(MATERIALS PROVIDED Opens)

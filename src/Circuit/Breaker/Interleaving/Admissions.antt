-- ===== src/Circuit/Breaker/Interleaving/Admissions.antt =====
-- internal/circuit/breaker.go with several calls at once: how many calls get in while the breaker is half open, counted along
-- the steps themselves.
use nous.Prelude.{ℕ, ◌+◌, ◌≡◌, refl, sym, ◌∙◌, ap, Bool, true, false, some, if◌then◌else◌, arith}
use nous.Prelude.Int.{pos, neg_part, leb_ℤ}
use nous.Prelude.Time.{Time}
use nous.Circuit.Breaker.{
  State, closed, half_open, Config, Breaker, new_breaker, wake, admit, settle,
}
use nous.Circuit.Breaker.Interleaving.{
  System, initial, Step, turn_away, arrive_open, arrive, awaken, enter, bounce, return, Reach, here,
  next, Reach-Inv,
}

abbrev is_half : State → Bool
is_half half_open = true
is_half _ = false

-- The calls that a step lets in.
abbrev entered : {s t : System} → Step s t → ℕ
entered (enter n b p a e) = 1
entered _ = 0

-- The calls that got in since the breaker last became half open; 0 while it is not.
abbrev pub admissions : {s t : System} → Reach s t → ℕ
admissions here = 0
admissions (next {t} {u} r st) =
    let before = admissions r in
    if is_half u.breaker.state
    then (if is_half t.breaker.state then before else 0) + entered st
    else 0

-- The field agrees with a count of the calls.
abbrev Agrees : Breaker → ℕ → Type 0
Agrees b n = b.state ≡ half_open → n ≡ b.half_open_requests

abbrev onward : Breaker → Breaker → ℕ → ℕ → ℕ
onward b b' n k = if is_half b'.state then (if is_half b.state then n else 0) + k else 0

same-Agrees : (b : Breaker) (n : ℕ) → Agrees b n → Agrees b (onward b b n 0)
same-Agrees b n h s = ground (arith, h s)

wake-Agrees : (b : Breaker) (n : ℕ) → Agrees b n → Agrees (wake b) (onward b (wake b) n 0)
unfolding wake
wake-Agrees b n h s = ground arith

admit-Agrees :
    (b b' : Breaker) (n : ℕ) → admit b ≡ some b' → Agrees b n → Agrees b' (onward b b' n 1)
unfolding admit
admit-Agrees b b' n e h s = ground arith

settle-Agrees :
    (b : Breaker) (failed : Bool) (now : Time) (n : ℕ)
    → Agrees b n
    → Agrees (settle b failed now) (onward b (settle b failed now) n 0)
unfolding settle
settle-Agrees b failed now n h s = ground arith

-- A breaker's settings stay as they are.
wake_config : (b : Breaker) → (wake b).config ≡ b.config
unfolding wake
wake_config b = ground arith

admit_config : (b b' : Breaker) → admit b ≡ some b' → b'.config ≡ b.config
unfolding admit
admit_config b b' e = ground arith

settle_config : (b : Breaker) (failed : Bool) (now : Time) → (settle b failed now).config ≡ b.config
unfolding settle
settle_config b failed now = ground arith

Step-config : {s t : System} → Step s t → t.breaker.config ≡ s.breaker.config
Step-config (turn_away now l e) = rw e refl
Step-config (arrive_open now l e) = rw e refl
Step-config (arrive now l e) = rw e refl
Step-config {s} (awaken n p e) = rw e (wake_config s.breaker)
Step-config {s} (enter n b p a e) = rw e (admit_config s.breaker b a)
Step-config (bounce n p a e) = rw e refl
Step-config {s} (return n failed now p e) = rw e (settle_config s.breaker failed now)

Step-Agrees :
    {s t : System} (st : Step s t) (n : ℕ)
    → Agrees s.breaker n
    → Agrees t.breaker (onward s.breaker t.breaker n (entered st))
Step-Agrees {s} (turn_away now l e) n h = rw e (same-Agrees s.breaker n h)
Step-Agrees {s} (arrive_open now l e) n h = rw e (same-Agrees s.breaker n h)
Step-Agrees {s} (arrive now l e) n h = rw e (same-Agrees s.breaker n h)
Step-Agrees {s} (awaken m p e) n h = rw e (wake-Agrees s.breaker n h)
Step-Agrees {s} (enter m b p a e) n h = rw e (admit-Agrees s.breaker b n a h)
Step-Agrees {s} (bounce m p a e) n h = rw e (same-Agrees s.breaker n h)
Step-Agrees {s} (return m failed now p e) n h = rw e (settle-Agrees s.breaker failed now n h)

new_closed : (c : Config) → (new_breaker c).state ≡ closed
unfolding new_breaker
new_closed c = refl

new_limit : (c : Config) → (new_breaker c).config.max_requests ≡ c.max_requests
unfolding new_breaker
new_limit c = refl

module _ (c : Config) where
  reached_config : {t : System} → Reach (initial c) t → t.breaker.config ≡ (new_breaker c).config
  reached_config here = refl
  reached_config (next r st) = Step-config st ∙ reached_config r

  reached-Agrees : {t : System} (r : Reach (initial c) t) → Agrees t.breaker (admissions r)
  reached-Agrees here = λ h. absurd (let e : closed ≡ half_open = sym (new_closed c) ∙ h in cc e)
  reached-Agrees (next r st) = Step-Agrees st (admissions r) (reached-Agrees r)

-- With limits that are not negative, and however calls interleave, a closed breaker is below its limit of failures, and
-- of the calls made since a half-open breaker became half open at most `MaxRequests` have been let in, counted one by one.
pub admissions_bounded :
    (c : Config) (t : System)
    → neg_part c.max_failures ≡ 0
    → neg_part c.max_requests ≡ 0
    → (r : Reach (initial c) t)
    → (t.breaker.state ≡ closed
        → leb_ℤ t.breaker.config.max_failures (pos t.breaker.failures) ≡ false)
      × (t.breaker.state ≡ half_open → leb_ℤ (pos (admissions r)) c.max_requests ≡ true)
admissions_bounded c t h k r =
    let i = Reach-Inv c t h k r in
    let m : t.breaker.config.max_requests ≡ c.max_requests =
      ap (λ (d : Config). d.max_requests) (reached_config c r) ∙ new_limit c in
    (i.below, λ s. rw (reached-Agrees c r s) (rw m at i.bounded s))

(MATERIALS PROVIDED Closes)

INSTRUCTIONS FOR THE TASK
Exactly the lines above from the one with "wake_config b = ground arith" to the one with "Step s t) (n : ℕ)", both included, are to be quoted; leave the rest out.

EXPECTED ANSWER
wake_config b = ground arith

admit_config : (b b' : Breaker) → admit b ≡ some b' → b'.config ≡ b.config
unfolding admit
admit_config b b' e = ground arith

settle_config : (b : Breaker) (failed : Bool) (now : Time) → (settle b failed now).config ≡ b.config
unfolding settle
settle_config b failed now = ground arith

Step-config : {s t : System} → Step s t → t.breaker.config ≡ s.breaker.config
Step-config (turn_away now l e) = rw e refl
Step-config (arrive_open now l e) = rw e refl
Step-config (arrive now l e) = rw e refl
Step-config {s} (awaken n p e) = rw e (wake_config s.breaker)
Step-config {s} (enter n b p a e) = rw e (admit_config s.breaker b a)
Step-config (bounce n p a e) = rw e refl
Step-config {s} (return n failed now p e) = rw e (settle_config s.breaker failed now)

Step-Agrees :
    {s t : System} (st : Step s t) (n : ℕ)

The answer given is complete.